__TASK DESCRIPTION__: Reproduce the entries in full, with no changes.
BEGIN INFORMATION
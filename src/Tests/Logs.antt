-- ===== src/Tests/Logs.antt =====
-- The log filter, in front of a destination that keeps what it is given.
use nano_ldap.Prelude.{◌≡◌, refl, true, false, [], ◌++◌}
use nano_ldap.Text.{Bytes, codes, cut, contains, strip_prefix}
use nano_ldap.HttpLog.{Destination, FilterWriter, wrote, should_suppress, emit, write}
use nano_ldap.HttpLog.Stream.{feed, write-feed, write-append}

abbrev collect : Destination Bytes
collect dst line = (dst ++ line, true)

abbrev broken : Destination Bytes
broken dst line = (dst, false)

abbrev half_line : FilterWriter Bytes
half_line = record { dst = codes "a\n"; pending = codes "b" }

known_line :
    should_suppress
      (codes "http: TLS handshake error from x: remote error: tls: unknown certificate\n")
    ≡ true
unfolding should_suppress contains strip_prefix
known_line = refl

half_line_done :
    write collect half_line (codes "c\nd")
    ≡ wrote (record { dst = codes "a\nbc\n"; pending = codes "d" })
unfolding write cut emit should_suppress contains strip_prefix
half_line_done = refl

write-feed_run :
    write broken half_line (codes "c\nd\n") ≡ feed broken (codes "a\n") [] (codes "bc\nd\n")
write-feed_run = write-feed broken half_line (codes "c\nd\n")

write-append_example :
    write collect half_line (codes "c\nde\n")
    ≡ write collect (record { dst = codes "a\nbc\n"; pending = codes "d" }) (codes "e\n")
write-append_example =
    write-append collect half_line (codes "c\nd") (codes "e\n")
      (record { dst = codes "a\nbc\n"; pending = codes "d" }) half_line_done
END INFORMATION
__SOLUTION TO THIS EXERCISE__:
filename src/Tests/Logs.antt
-- ===== src/Tests/Logs.antt =====
-- The log filter, in front of a destination that keeps what it is given.
use nano_ldap.Prelude.{◌≡◌, refl, true, false, [], ◌++◌}
use nano_ldap.Text.{Bytes, codes, cut, contains, strip_prefix}
use nano_ldap.HttpLog.{Destination, FilterWriter, wrote, should_suppress, emit, write}
use nano_ldap.HttpLog.Stream.{feed, write-feed, write-append}

abbrev collect : Destination Bytes
collect dst line = (dst ++ line, true)

abbrev broken : Destination Bytes
broken dst line = (dst, false)

abbrev half_line : FilterWriter Bytes
half_line = record { dst = codes "a\n"; pending = codes "b" }

known_line :
    should_suppress
      (codes "http: TLS handshake error from x: remote error: tls: unknown certificate\n")
    ≡ true
unfolding should_suppress contains strip_prefix
known_line = refl

half_line_done :
    write collect half_line (codes "c\nd")
    ≡ wrote (record { dst = codes "a\nbc\n"; pending = codes "d" })
unfolding write cut emit should_suppress contains strip_prefix
half_line_done = refl

write-feed_run :
    write broken half_line (codes "c\nd\n") ≡ feed broken (codes "a\n") [] (codes "bc\nd\n")
write-feed_run = write-feed broken half_line (codes "c\nd\n")

write-append_example :
    write collect half_line (codes "c\nde\n")
    ≡ write collect (record { dst = codes "a\nbc\n"; pending = codes "d" }) (codes "e\n")
write-append_example =
    write-append collect half_line (codes "c\nd") (codes "e\n")
      (record { dst = codes "a\nbc\n"; pending = codes "d" }) half_line_done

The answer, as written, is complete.